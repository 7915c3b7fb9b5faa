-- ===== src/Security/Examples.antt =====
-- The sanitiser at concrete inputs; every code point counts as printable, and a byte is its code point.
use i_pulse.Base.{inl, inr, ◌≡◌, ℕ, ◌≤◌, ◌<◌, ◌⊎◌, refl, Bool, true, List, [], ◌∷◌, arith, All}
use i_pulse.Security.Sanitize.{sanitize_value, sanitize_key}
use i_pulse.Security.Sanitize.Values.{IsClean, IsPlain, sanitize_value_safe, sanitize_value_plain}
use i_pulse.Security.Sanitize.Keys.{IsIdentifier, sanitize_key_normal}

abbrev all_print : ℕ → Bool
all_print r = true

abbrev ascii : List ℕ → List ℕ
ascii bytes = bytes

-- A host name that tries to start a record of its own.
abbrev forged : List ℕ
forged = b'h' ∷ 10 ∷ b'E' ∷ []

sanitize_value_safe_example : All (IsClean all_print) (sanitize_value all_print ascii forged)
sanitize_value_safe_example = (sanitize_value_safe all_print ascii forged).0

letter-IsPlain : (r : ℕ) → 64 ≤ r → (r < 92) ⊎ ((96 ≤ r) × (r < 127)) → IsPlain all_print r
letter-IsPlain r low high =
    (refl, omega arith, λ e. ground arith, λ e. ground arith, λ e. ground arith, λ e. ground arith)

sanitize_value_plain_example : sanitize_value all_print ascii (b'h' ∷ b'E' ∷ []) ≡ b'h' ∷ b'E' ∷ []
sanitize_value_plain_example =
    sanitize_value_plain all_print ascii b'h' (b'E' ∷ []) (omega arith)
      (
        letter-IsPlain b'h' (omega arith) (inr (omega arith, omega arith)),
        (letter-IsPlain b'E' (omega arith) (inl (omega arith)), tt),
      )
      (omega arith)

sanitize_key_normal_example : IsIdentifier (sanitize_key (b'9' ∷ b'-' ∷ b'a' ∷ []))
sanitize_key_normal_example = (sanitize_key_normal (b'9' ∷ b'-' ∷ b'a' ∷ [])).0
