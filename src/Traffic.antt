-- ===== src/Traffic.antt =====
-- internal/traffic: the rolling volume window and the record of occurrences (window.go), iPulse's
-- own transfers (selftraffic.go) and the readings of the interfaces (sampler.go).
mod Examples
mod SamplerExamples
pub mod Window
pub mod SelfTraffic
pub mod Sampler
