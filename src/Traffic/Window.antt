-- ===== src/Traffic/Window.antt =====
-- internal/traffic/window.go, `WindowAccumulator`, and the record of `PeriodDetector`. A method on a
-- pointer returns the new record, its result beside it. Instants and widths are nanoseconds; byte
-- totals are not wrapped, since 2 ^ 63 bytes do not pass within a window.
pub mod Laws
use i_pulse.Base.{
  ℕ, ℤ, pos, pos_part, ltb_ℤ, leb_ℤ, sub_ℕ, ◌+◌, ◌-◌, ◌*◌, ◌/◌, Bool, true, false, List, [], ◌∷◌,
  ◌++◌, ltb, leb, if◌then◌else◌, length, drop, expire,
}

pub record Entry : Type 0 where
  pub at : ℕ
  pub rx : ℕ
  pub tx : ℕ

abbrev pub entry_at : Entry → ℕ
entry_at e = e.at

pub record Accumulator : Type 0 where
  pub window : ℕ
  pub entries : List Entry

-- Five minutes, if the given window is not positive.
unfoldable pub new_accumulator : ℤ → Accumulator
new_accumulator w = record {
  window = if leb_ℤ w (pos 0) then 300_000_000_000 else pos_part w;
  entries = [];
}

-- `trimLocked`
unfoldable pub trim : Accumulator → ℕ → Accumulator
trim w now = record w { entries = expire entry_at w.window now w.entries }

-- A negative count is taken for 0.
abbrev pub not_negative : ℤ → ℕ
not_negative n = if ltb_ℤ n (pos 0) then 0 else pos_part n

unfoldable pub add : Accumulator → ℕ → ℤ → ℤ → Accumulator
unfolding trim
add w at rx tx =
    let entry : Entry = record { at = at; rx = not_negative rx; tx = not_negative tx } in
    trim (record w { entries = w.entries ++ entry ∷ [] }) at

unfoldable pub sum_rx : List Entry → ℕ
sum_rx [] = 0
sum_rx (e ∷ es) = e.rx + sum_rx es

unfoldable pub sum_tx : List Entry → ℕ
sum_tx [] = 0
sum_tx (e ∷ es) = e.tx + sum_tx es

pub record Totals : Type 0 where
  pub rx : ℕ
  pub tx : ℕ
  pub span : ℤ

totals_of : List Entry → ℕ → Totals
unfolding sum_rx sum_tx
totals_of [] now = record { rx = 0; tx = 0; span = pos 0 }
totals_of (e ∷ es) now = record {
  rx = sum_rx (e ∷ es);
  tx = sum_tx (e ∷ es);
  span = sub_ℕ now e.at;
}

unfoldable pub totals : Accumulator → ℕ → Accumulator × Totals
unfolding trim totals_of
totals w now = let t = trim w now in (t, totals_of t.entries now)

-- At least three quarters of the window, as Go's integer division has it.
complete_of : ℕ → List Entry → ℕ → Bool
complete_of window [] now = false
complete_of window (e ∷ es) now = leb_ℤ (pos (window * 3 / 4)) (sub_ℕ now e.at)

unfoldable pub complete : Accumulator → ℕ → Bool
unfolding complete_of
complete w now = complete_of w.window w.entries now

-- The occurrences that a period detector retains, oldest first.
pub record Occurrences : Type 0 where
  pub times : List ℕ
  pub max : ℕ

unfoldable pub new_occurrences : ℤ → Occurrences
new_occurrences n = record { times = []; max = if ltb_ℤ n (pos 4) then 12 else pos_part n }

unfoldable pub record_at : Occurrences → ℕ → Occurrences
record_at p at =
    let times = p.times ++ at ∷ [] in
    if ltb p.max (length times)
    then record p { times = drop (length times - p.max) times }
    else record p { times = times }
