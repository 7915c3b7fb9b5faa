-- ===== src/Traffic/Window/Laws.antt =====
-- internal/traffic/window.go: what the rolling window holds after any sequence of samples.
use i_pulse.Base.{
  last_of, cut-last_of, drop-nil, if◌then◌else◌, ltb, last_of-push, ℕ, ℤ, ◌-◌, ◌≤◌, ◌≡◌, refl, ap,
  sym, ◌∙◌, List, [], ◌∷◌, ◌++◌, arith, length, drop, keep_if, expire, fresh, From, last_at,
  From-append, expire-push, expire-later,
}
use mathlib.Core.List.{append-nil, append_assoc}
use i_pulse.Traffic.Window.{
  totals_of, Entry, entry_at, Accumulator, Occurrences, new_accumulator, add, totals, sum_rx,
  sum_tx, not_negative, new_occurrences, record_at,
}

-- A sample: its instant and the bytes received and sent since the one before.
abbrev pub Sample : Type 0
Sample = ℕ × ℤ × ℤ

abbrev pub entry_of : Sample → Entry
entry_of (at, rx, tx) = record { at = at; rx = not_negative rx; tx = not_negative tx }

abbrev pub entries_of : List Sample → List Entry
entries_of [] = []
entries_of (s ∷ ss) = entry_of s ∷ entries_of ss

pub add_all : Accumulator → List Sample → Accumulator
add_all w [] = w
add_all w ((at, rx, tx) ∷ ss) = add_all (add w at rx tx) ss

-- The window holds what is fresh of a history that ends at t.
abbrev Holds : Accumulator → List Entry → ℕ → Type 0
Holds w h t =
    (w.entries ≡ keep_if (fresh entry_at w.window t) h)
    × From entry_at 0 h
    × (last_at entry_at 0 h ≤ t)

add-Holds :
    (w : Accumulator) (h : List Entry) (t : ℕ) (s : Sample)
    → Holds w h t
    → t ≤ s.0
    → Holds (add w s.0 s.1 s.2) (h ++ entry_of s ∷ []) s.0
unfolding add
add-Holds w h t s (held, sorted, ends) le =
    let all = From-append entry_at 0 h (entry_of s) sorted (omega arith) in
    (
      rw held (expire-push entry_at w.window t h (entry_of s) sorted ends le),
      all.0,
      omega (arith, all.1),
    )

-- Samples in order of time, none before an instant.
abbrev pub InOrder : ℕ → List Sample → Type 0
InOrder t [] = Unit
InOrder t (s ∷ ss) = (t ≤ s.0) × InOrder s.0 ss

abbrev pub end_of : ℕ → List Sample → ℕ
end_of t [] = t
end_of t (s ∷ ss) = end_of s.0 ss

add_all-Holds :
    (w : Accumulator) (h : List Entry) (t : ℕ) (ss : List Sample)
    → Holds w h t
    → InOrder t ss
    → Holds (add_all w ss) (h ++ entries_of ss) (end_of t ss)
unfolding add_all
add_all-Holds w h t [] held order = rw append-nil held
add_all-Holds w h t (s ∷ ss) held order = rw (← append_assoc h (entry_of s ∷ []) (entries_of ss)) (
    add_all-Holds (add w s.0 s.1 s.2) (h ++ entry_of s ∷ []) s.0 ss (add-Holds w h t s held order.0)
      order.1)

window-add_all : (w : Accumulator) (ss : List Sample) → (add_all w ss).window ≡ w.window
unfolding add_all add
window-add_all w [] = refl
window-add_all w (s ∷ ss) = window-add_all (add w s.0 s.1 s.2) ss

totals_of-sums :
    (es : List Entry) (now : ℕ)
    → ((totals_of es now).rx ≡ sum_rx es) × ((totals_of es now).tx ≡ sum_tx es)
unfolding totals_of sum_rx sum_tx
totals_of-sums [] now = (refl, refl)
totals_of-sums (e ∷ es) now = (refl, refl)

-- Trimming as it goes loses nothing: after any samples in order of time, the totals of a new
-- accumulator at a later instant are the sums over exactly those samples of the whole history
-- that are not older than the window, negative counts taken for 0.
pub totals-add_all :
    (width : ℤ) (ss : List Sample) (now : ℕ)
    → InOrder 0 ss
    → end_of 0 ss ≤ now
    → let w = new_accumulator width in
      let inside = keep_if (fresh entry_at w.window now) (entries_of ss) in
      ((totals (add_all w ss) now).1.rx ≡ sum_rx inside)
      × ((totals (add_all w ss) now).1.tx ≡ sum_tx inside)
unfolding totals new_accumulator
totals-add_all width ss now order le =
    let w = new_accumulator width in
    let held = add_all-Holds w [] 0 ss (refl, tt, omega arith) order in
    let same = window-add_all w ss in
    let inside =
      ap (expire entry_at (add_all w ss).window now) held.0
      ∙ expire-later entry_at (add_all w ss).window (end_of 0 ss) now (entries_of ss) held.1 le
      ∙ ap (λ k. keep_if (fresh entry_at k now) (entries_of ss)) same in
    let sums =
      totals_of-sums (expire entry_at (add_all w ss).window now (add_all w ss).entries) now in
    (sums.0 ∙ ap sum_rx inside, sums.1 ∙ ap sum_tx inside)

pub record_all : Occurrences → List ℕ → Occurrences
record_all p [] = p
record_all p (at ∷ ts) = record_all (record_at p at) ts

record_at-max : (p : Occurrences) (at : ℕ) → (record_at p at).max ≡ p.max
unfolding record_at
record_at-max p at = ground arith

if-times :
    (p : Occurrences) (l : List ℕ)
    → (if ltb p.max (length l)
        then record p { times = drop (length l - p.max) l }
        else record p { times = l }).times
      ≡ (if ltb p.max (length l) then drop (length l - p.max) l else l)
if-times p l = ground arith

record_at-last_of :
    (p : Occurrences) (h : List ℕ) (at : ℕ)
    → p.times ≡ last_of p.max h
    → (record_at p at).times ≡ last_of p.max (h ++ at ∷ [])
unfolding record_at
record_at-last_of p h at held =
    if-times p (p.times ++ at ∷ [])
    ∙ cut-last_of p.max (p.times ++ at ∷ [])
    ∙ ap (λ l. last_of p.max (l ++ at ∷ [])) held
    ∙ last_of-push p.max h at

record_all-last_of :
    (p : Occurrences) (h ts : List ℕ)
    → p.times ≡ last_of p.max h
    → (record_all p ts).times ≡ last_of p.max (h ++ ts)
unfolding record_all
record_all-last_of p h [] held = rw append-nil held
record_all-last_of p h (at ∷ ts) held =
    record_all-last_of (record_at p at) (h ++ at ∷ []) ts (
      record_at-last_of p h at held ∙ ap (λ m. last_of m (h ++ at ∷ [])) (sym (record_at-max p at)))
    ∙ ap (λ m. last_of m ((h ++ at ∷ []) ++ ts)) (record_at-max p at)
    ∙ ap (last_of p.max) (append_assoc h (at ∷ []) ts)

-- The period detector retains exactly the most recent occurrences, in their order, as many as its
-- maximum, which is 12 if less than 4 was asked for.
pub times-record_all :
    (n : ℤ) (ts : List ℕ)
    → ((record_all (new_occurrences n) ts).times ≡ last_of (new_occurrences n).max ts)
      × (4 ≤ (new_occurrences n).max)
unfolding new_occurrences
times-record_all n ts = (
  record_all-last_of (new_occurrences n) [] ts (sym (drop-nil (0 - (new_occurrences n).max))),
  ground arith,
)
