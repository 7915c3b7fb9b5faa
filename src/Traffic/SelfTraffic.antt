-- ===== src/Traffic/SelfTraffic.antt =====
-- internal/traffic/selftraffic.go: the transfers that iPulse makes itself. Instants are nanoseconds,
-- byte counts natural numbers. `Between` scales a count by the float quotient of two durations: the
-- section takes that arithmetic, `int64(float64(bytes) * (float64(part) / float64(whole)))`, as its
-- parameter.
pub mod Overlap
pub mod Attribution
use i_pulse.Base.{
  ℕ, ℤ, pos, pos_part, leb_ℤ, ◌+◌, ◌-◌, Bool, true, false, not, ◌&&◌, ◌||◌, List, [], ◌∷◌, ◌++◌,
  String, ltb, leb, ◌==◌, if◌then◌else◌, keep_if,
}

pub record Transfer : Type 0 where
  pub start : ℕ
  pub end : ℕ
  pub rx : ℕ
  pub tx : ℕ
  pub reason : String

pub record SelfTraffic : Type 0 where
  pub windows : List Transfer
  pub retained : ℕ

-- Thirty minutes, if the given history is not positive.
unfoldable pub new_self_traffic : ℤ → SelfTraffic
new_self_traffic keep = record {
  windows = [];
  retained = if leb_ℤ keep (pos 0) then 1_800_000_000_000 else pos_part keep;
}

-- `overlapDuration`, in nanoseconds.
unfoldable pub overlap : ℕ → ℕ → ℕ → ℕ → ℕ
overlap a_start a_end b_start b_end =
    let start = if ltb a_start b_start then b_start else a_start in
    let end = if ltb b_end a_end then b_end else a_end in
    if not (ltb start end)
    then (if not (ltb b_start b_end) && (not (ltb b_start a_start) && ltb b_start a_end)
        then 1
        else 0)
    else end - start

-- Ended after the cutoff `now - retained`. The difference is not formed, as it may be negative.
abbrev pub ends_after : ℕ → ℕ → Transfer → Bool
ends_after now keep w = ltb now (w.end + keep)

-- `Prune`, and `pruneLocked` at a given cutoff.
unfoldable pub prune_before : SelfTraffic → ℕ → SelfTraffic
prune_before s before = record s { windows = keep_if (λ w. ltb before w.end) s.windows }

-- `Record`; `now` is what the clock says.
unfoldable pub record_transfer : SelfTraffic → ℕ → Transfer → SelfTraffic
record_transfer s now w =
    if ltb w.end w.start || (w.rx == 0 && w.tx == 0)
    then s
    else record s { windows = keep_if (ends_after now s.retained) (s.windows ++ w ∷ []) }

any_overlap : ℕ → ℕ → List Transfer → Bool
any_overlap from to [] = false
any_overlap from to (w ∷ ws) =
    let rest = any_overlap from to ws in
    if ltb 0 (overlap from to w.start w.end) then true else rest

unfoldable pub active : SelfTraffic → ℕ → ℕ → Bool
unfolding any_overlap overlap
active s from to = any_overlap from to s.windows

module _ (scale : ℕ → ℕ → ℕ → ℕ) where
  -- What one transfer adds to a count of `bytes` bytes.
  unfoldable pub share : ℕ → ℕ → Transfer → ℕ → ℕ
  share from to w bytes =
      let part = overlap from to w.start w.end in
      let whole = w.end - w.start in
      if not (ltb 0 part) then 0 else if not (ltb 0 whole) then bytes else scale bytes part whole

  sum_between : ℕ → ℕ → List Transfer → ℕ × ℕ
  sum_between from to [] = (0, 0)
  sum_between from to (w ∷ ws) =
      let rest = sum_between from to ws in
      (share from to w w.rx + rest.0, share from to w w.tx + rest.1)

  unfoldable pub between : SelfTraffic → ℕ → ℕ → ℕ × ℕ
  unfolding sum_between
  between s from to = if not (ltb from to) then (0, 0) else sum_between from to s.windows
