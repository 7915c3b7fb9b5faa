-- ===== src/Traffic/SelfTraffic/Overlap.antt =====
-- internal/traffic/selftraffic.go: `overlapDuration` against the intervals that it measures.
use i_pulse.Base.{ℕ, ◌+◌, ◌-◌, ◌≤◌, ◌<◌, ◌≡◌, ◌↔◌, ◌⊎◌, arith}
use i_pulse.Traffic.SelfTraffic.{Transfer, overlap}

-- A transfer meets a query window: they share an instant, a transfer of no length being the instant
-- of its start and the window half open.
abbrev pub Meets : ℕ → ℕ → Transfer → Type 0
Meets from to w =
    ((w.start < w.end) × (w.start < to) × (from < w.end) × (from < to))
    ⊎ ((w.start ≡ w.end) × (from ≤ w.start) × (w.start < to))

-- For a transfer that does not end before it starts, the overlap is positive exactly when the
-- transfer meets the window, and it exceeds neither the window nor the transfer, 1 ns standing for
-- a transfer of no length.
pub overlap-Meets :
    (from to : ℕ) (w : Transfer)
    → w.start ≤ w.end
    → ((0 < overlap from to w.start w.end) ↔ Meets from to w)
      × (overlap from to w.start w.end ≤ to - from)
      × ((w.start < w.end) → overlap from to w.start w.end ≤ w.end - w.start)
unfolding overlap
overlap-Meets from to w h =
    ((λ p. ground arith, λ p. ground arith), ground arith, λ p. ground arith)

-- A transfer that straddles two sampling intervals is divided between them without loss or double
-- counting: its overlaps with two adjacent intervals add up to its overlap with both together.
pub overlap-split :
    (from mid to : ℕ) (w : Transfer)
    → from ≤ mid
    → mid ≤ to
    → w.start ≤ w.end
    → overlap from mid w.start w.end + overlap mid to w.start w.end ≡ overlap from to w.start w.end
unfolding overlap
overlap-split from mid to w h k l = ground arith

^^^^^^^^^^^^^^^^

## ACTIVITY
Beginning at the line with "(p : Occurrences) (h ts : List ℕ)" and ending at the line with "(new_occurrences n).max ts)", reproduce each line of the data above exactly, and add no other lines.

## WRITTEN ANSWER
    (p : Occurrences) (h ts : List ℕ)
    → p.times ≡ last_of p.max h
    → (record_all p ts).times ≡ last_of p.max (h ++ ts)
unfolding record_all
record_all-last_of p h [] held = rw append-nil held
record_all-last_of p h (at ∷ ts) held =
    record_all-last_of (record_at p at) (h ++ at ∷ []) ts (
      record_at-last_of p h at held ∙ ap (λ m. last_of m (h ++ at ∷ [])) (sym (record_at-max p at)))
    ∙ ap (λ m. last_of m ((h ++ at ∷ []) ++ ts)) (record_at-max p at)
    ∙ ap (last_of p.max) (append_assoc h (at ∷ []) ts)

-- The period detector retains exactly the most recent occurrences, in their order, as many as its
-- maximum, which is 12 if less than 4 was asked for.
pub times-record_all :
    (n : ℤ) (ts : List ℕ)
    → ((record_all (new_occurrences n) ts).times ≡ last_of (new_occurrences n).max ts)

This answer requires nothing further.